That’s how my faith works too. Maybe science and faith aren’t so far apart
after all…
The rise in spirituality
Well,
that’s all quite technical. What’s happening on the street? This is Nicola,
taking part in Professor David Hay’s research study in Nottingham: (6)
I think you just have to
make the most of what you’ve got... and not think too deeply about it. Because
I think if you go into it too deeply, I dunno, you can sort of , ‘Whay am I
here? What am I doing here?’, and it could be sort of a bit negative feeling,
if you aren’t coming up with the right answers’.
This
is Matthew:
It’s probably just a nagging
instinct, that while all the material evidence is telling me, this is
ludicrous, you know, this is all complete chaos, nonsense, it’s arbitrary, you
know, we’re a rock in a vacuum just spinning through nothingness and, you know,
the consequence of impersonal cosmic forces, nothing beyond it. Whilst my sort
of intellectual faculty can tell me that, there is this other, and I’m not
going to use the word ‘soul’, but there’s this other bit of me which is just
sort of going, ‘hang on’, you know, ‘What if, pal?’.
Nicola
and Matthew are typical of people all over the country. They think there’s more
to life than the physical, but they don’t know how to think about it or find
out about it. And while traditional churchgoing is declining, there’s a massive
rise in spiritual awareness and experimentation. These are some of the statistics
from a survey commissioned by the BBC in the year 2000 and compared with the
same questions asked by a Gallup Poll in 1987. If you look at the cumulative
total on the far right, you see that 76% of the UK population now
·
55% say they are aware of a patterning of events in their lives,
·
38% say they are aware of the presence of God (that’s a 41% increase in
just 13 years).
·
37% say they have experience of answered prayer.
·
29% are aware of a sacred presence in nature, 25% are aware of the
presence of the dead, and
·
25% of the presence of evil (that’s an increase of over 100%).
Why
is this? Well, perhaps it’s because after 200 years of incredible scientific
advances, people are beginning to realise that
maybe there are dimensions of human experience which can’t be investigated
by particle physics or molecular biology.
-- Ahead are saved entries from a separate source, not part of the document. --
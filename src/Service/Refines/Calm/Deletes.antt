-- ===== src/Service/Refines/Calm/Deletes.antt =====
-- That the delete handlers of pkg/frontend for what is in the store find no nil pointer.
use opi_nvidia_bridge.Api.Requests.{DeleteRequest}
use opi_nvidia_bridge.Base.{String, ◌≡◌, refl, Option, none, some}
use opi_nvidia_bridge.Api.Messages.{
  NvmeSubsystem, NvmeController, NvmeNamespace, nvme_subsystem, nvme_controller, nvme_namespace,
}
use opi_nvidia_bridge.Exec.Rules.{Ends, require_rule, known_rule}
use opi_nvidia_bridge.Externals.{Externals}
use opi_nvidia_bridge.Externals.Laws.{
  PlainId, IsStore, IdsPlain, subsystem_name, controller_name, namespace_name,
}
use opi_nvidia_bridge.Server.{State}
use opi_nvidia_bridge.Server.Rules.{get_server_rule, set_server_rule}
use opi_nvidia_bridge.Server.Outcomes.{Untouched, Untouched-refl}
use opi_nvidia_bridge.Server.Steps.{rpc_err_rule}
use opi_nvidia_bridge.Service.Formed.{IsFormed}
use opi_nvidia_bridge.Service.Refines.Kept.{KeepsFormed}
use opi_nvidia_bridge.Service.Refines.Calm.{
  Calm, err-Calm, require-Calm, store_delete-Calm, checks-Calm, removal-Calm, validator_rule,
  present_rule, kept_rule, parent_rule,
}
use opi_nvidia_bridge.Subsystem.Delete.Outcome as SubsystemOutcome
use opi_nvidia_bridge.Subsystem.Delete as SubsystemDeletion
use opi_nvidia_bridge.Subsystem.Delete.{delete_nvme_subsystem}
use opi_nvidia_bridge.Subsystem.Validate as SubsystemChecks
use opi_nvidia_bridge.Subsystem.Validate.Same as SubsystemSame
use opi_nvidia_bridge.Controller.Delete.Outcome as ControllerOutcome
use opi_nvidia_bridge.Controller.Delete as ControllerDeletion
use opi_nvidia_bridge.Controller.Delete.{delete_nvme_controller}
use opi_nvidia_bridge.Controller.Validate as ControllerChecks
use opi_nvidia_bridge.Controller.Validate.Same as ControllerSame
use opi_nvidia_bridge.Namespace.Delete.Outcome as NamespaceOutcome
use opi_nvidia_bridge.Namespace.Delete as NamespaceDeletion
use opi_nvidia_bridge.Namespace.Delete.{delete_nvme_namespace}
use opi_nvidia_bridge.Namespace.Validate as NamespaceChecks
use opi_nvidia_bridge.Namespace.Validate.Same as NamespaceSame

module _ (E : Externals) (L : IsStore E) (P : IdsPlain E) (s : State E)
    (kept : KeepsFormed E s) where
  pub delete_nvme_subsystem-Calm :
      (req : DeleteRequest) (i : PlainId)
      → req.name ≡ subsystem_name E i
      → Ends (Calm E) (delete_nvme_subsystem E req s)
  unfolding delete_nvme_subsystem SubsystemChecks.validate_delete SubsystemDeletion.delete_found
  delete_nvme_subsystem-Calm req i hn =
      validator_rule E _ _ s (SubsystemSame.validate_delete-same E s req) (checks-Calm E _ _ s)
        (λ _.
          kept_rule E L s kept nvme_subsystem req.name _ s refl (i, hn) (Untouched-refl E s)
            (λ found t formed _. found_Calm found t formed))
    where
      found_Calm :
          (found : Option NvmeSubsystem) (t : State E)
          → ((m : NvmeSubsystem) → found ≡ some m → IsFormed nvme_subsystem m)
          → Ends (Calm E) (SubsystemDeletion.or_missing E req found t)
      found_Calm none t formed = require-Calm E _ _ t
      found_Calm (some m) t formed =
          let (spec, hs, _) = formed m refl in
          known_rule _ _ _ spec hs (
            rpc_err_rule E (SubsystemOutcome.delete_call spec) _ _
              (λ deleted t' _ _ _ _.
                require_rule _ _ _ _
                  (λ _. get_server_rule E _ _ (set_server_rule E _ _ _ (store_delete-Calm E _ _)))
                  (λ _. err-Calm E _ _))
              (λ e t' _. err-Calm E e t'))

  pub delete_nvme_controller-Calm :
      (req : DeleteRequest) (i : PlainId) (j : String)
      → req.name ≡ controller_name E i j
      → Ends (Calm E) (delete_nvme_controller E req s)
  unfolding delete_nvme_controller ControllerChecks.validate_delete ControllerDeletion.delete_found
      ControllerDeletion.detach
  delete_nvme_controller-Calm req i j hn =
      validator_rule E _ _ s (ControllerSame.validate_delete-same E s req) (checks-Calm E _ _ s)
        (λ _.
          kept_rule E L s kept nvme_controller req.name _ s refl (i, j, hn) (Untouched-refl E s)
            (λ found t formed u. found_Calm found t formed u))
    where
      found_Calm :
          (found : Option NvmeController) (t : State E)
          → ((m : NvmeController) → found ≡ some m → IsFormed nvme_controller m)
          → Untouched E s t
          → Ends (Calm E) (ControllerDeletion.or_missing E req found t)
      found_Calm none t formed u = require-Calm E _ _ t
      found_Calm (some m) t formed u =
          let (spec, id, hs, hid, _) = formed m refl in
          parent_rule E L s kept P req.name _ t u (λ found t' parent_formed _.
            present_rule E _ _ _ t' (λ subsystem hf.
              let (subsystem_spec, hss, _) = parent_formed subsystem hf in
              known_rule _ _ _ subsystem_spec hss (
                known_rule _ _ _ spec hs (
                  known_rule _ _ _ id hid (
                    rpc_err_rule E (ControllerOutcome.delete_call subsystem_spec id) _ _
                      (λ deleted t'' _ _ _ _. removal-Calm E _ _ _ t'')
                      (λ e t'' _. err-Calm E e t''))))))

  pub delete_nvme_namespace-Calm :
      (req : DeleteRequest) (i : PlainId) (j : String)
      → req.name ≡ namespace_name E i j
      → Ends (Calm E) (delete_nvme_namespace E req s)
  unfolding delete_nvme_namespace NamespaceChecks.validate_delete NamespaceDeletion.delete_found
      NamespaceDeletion.detach
  delete_nvme_namespace-Calm req i j hn =
      validator_rule E _ _ s (NamespaceSame.validate_delete-same E s req) (checks-Calm E _ _ s)
        (λ _.
          kept_rule E L s kept nvme_namespace req.name _ s refl (i, j, hn) (Untouched-refl E s)
            (λ found t formed u. found_Calm found t formed u))
    where
      found_Calm :
          (found : Option NvmeNamespace) (t : State E)
          → ((m : NvmeNamespace) → found ≡ some m → IsFormed nvme_namespace m)
          → Untouched E s t
          → Ends (Calm E) (NamespaceDeletion.or_missing E req found t)
      found_Calm none t formed u = require-Calm E _ _ t
      found_Calm (some m) t formed u =
          let (spec, hs) = formed m refl in
          parent_rule E L s kept P req.name _ t u (λ found t' parent_formed _.
            present_rule E _ _ _ t' (λ subsystem hf.
              let (subsystem_spec, hss, _) = parent_formed subsystem hf in
              known_rule _ _ _ spec hs (
                known_rule _ _ _ subsystem_spec hss (
                  rpc_err_rule E (NamespaceOutcome.detach_call spec subsystem_spec) _ _
                    (λ deleted t'' _ _ _ _. removal-Calm E _ _ _ t'')
                    (λ e t'' _. err-Calm E e t'')))))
Science does tell us some amazing
things – your body is made of atoms which were once part of a star. 6 trillion
chemical reactions take place in your body every second. You may have as much
as 20m km of DNA bundled up inside you. And we are each so atomically numerous
and so vigorously recycled at death that a up to a billion of our atoms
probably once belonged to Shakespeare.
But
none of the atoms I now have are the same as the ones I was born with – which
makes me think, who am I? Am I just a physical being, or is there more to me
than that? Am I just a body; or do I have a soul? Is science the only language
of reality, or is there another one which we might call faith?
Nicola
and Matthew aren’t as clever as Dawkins – but are they in touch with something
significant?
Richard Dawkins
I
read The God Delusion on holiday this
summer. Quite frankly, I was amazed. Not by his compelling arguments, but by
the astonishing tirade of insults, inaccuracies and caricatures it contains.
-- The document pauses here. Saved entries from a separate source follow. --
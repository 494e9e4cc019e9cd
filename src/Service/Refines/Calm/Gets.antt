-- ===== src/Service/Refines/Calm/Gets.antt =====
-- That the get handlers of pkg/frontend for what is in the store find no nil pointer.
use opi_nvidia_bridge.Api.Requests.{GetRequest}
use opi_nvidia_bridge.Base.{ℤ, String, ◌≡◌, refl, Option, none, some}
use opi_nvidia_bridge.Api.Messages.{
  NvmeSubsystem, NvmeController, NvmeNamespace, nvme_subsystem, nvme_controller, nvme_namespace,
}
use opi_nvidia_bridge.Models.{subsystem_nvme_list, controller_list}
use opi_nvidia_bridge.Namespace.Queries.Finding.{list_call}
use opi_nvidia_bridge.Exec.Rules.{Ends, done, known_rule}
use opi_nvidia_bridge.Externals.{Externals}
use opi_nvidia_bridge.Externals.Laws.{
  PlainId, IsStore, IdsPlain, subsystem_name, controller_name, namespace_name,
}
use opi_nvidia_bridge.Server.{State}
use opi_nvidia_bridge.Server.Outcomes.{Untouched-refl}
use opi_nvidia_bridge.Server.Steps.{rpc_err_rule}
use opi_nvidia_bridge.Service.Refines.Kept.{KeepsFormed}
use opi_nvidia_bridge.Service.Refines.Calm.{
  Calm, err-Calm, checks-Calm, validator_rule, present_rule, kept_rule, parent_rule,
}
use opi_nvidia_bridge.Subsystem.Queries as SubsystemQueries
use opi_nvidia_bridge.Subsystem.Queries.{get_nvme_subsystem}
use opi_nvidia_bridge.Subsystem.Validate as SubsystemChecks
use opi_nvidia_bridge.Subsystem.Validate.Same as SubsystemSame
use opi_nvidia_bridge.Controller.Queries as ControllerQueries
use opi_nvidia_bridge.Controller.Queries.{get_nvme_controller}
use opi_nvidia_bridge.Controller.Validate as ControllerChecks
use opi_nvidia_bridge.Controller.Validate.Same as ControllerSame
use opi_nvidia_bridge.Namespace.Queries as NamespaceQueries
use opi_nvidia_bridge.Namespace.Queries.{get_nvme_namespace}
use opi_nvidia_bridge.Namespace.Validate as NamespaceChecks
use opi_nvidia_bridge.Namespace.Validate.Same as NamespaceSame

module _ (E : Externals) where
  subsystem_end :
      (nqn : String) (found : Option NvmeSubsystem) (t : State E)
      → Ends (Calm E) (SubsystemQueries.or_not_listed E nqn found t)
  subsystem_end nqn none t = err-Calm E _ t
  subsystem_end nqn (some m) t = done (λ p. cc p)

  controller_end :
      (id : ℤ) (found : Option NvmeController) (t : State E)
      → Ends (Calm E) (ControllerQueries.or_not_listed E id found t)
  controller_end id none t = err-Calm E _ t
  controller_end id (some m) t = done (λ p. cc p)

  namespace_end :
      (nsid : ℤ) (found : Option NvmeNamespace) (t : State E)
      → Ends (Calm E) (NamespaceQueries.or_not_listed E nsid found t)
  namespace_end nsid none t = err-Calm E _ t
  namespace_end nsid (some m) t = done (λ p. cc p)

module _ (E : Externals) (L : IsStore E) (P : IdsPlain E) (s : State E) (kept : KeepsFormed E s)
    (req : GetRequest) where
  pub get_nvme_subsystem-Calm :
      (i : PlainId) → req.name ≡ subsystem_name E i → Ends (Calm E) (get_nvme_subsystem E req s)
  unfolding get_nvme_subsystem SubsystemChecks.validate_get
  get_nvme_subsystem-Calm i hn =
      validator_rule E _ _ s (SubsystemSame.validate_get-same E s req) (checks-Calm E _ _ s) (λ _.
        kept_rule E L s kept nvme_subsystem req.name _ s refl (i, hn) (Untouched-refl E s)
          (λ found t formed _. present_rule E _ _ _ t (λ m hm.
            let (spec, hs, _) = formed m hm in
            rpc_err_rule E subsystem_nvme_list _ _
              (λ result t' _ _ _ _. known_rule _ _ _ spec hs (subsystem_end E spec.nqn _ t'))
              (λ e t' _. err-Calm E e t'))))

  pub get_nvme_controller-Calm :
      (i : PlainId) (j : String)
      → req.name ≡ controller_name E i j
      → Ends (Calm E) (get_nvme_controller E req s)
  unfolding get_nvme_controller ControllerChecks.validate_get
  get_nvme_controller-Calm i j hn =
      validator_rule E _ _ s (ControllerSame.validate_get-same E s req) (checks-Calm E _ _ s) (λ _.
        kept_rule E L s kept nvme_controller req.name _ s refl (i, j, hn) (Untouched-refl E s)
          (λ found t formed _. present_rule E _ _ _ t (λ m hm.
            let (spec, id, hs, hid, _) = formed m hm in
            rpc_err_rule E controller_list _ _
              (λ result t' _ _ _ _.
                known_rule _ _ _ spec hs (known_rule _ _ _ id hid (controller_end E id _ t')))
              (λ e t' _. err-Calm E e t'))))

  pub get_nvme_namespace-Calm :
      (i : PlainId) (j : String)
      → req.name ≡ namespace_name E i j
      → Ends (Calm E) (get_nvme_namespace E req s)
  unfolding get_nvme_namespace NamespaceChecks.validate_get
  get_nvme_namespace-Calm i j hn =
      validator_rule E _ _ s (NamespaceSame.validate_get-same E s req) (checks-Calm E _ _ s) (λ _.
        kept_rule E L s kept nvme_namespace req.name _ s refl (i, j, hn) (Untouched-refl E s)
          (λ found t formed u. present_rule E _ _ _ t (λ m hm.
            let (spec, hs) = formed m hm in
            parent_rule E L s kept P req.name _ t u (λ found' t' parent_formed _.
              present_rule E _ _ _ t' (λ subsystem hf.
                let (subsystem_spec, hss, _) = parent_formed subsystem hf in
                known_rule _ _ _ subsystem_spec hss (
                  rpc_err_rule E (list_call subsystem_spec) _ _
                    (λ result t'' _ _ _ _.
                      known_rule _ _ _ spec hs (namespace_end E spec.host_nsid _ t''))
                    (λ e t'' _. err-Calm E e t'')))))))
It’s nothing like any serious academic book I’ve ever read, and it wasn’t at
all what I was expecting. Let me give you some examples.
This
is Dawkins’ definition of faith: ‘a
persistent false belief held in the face of strong contradictory evidence,
especially as a symptom of psychiatric disorder’.
This
is what he says about God: the most
unpleasant character in all fiction: jealous and proud of it; a petty, unjust,
unforgiving control-freak; a vindictive, bloodthirsty ethnic cleanser; a
misogynistic, homophobic, racist, infanticidal, genocidal, filicidal,
pestilential, megalomaniacal, sadomasochistic, capriciously malevolent bully.
For
good measure, he throws in that Mother Teresa is a sanctimonious hypocrite. He
says miracles can’t be discussed because
they violate the principles of science. Thomas Aquinas’ demonstration of the
existence of God is vacuous, and Dawkins actually ends his summary of 12th
century theologian Abelard’s work with the sentence ‘nur nurny nur nur’. He
dismisses the personal spiritual experienceof nearly 80% of the population with the one-line
statement that he dealt with hallucination in chapter 3, and concludes the book
with the observation that religion in general is best regarded as the failure
to give up a comfort blanket. At worst, it’s the root of all evil and the
sooner we get rid of it the better for all of us.
The
response to Dawkins has been mixed, to say the least! Philosopher of science
Mary Midgely describes him as a scientific fundamentalist who seems to think
that knowledge reduces to one fundamental form, which is the statements of
science – whereas in fact science is only a small, specialised part of what
anybody knows. Other scientists have said he brings science into disrepute. One
eminent psychiatrist declared that having read the God Delusion he’s concluded that Dawkins knows nothing about God,
and nothing about Delusion. One leading atheist and philosopher of science,
Michael Ruse, has said Dawkins makes him embarrassed to be an atheist.
The
story I like best, though, is one told by one of my colleagues who was asked to
speak about Science and Faith at a men’s breakfast in Oxfordshire. He gave his
talk, a bit nervously because they are all so clever in Oxfordshire. At the end
of the meal a man came up to him to continue the debate. He was the chairman of
an IT company, and for 30 minutes he disagreed with everything Martin had said.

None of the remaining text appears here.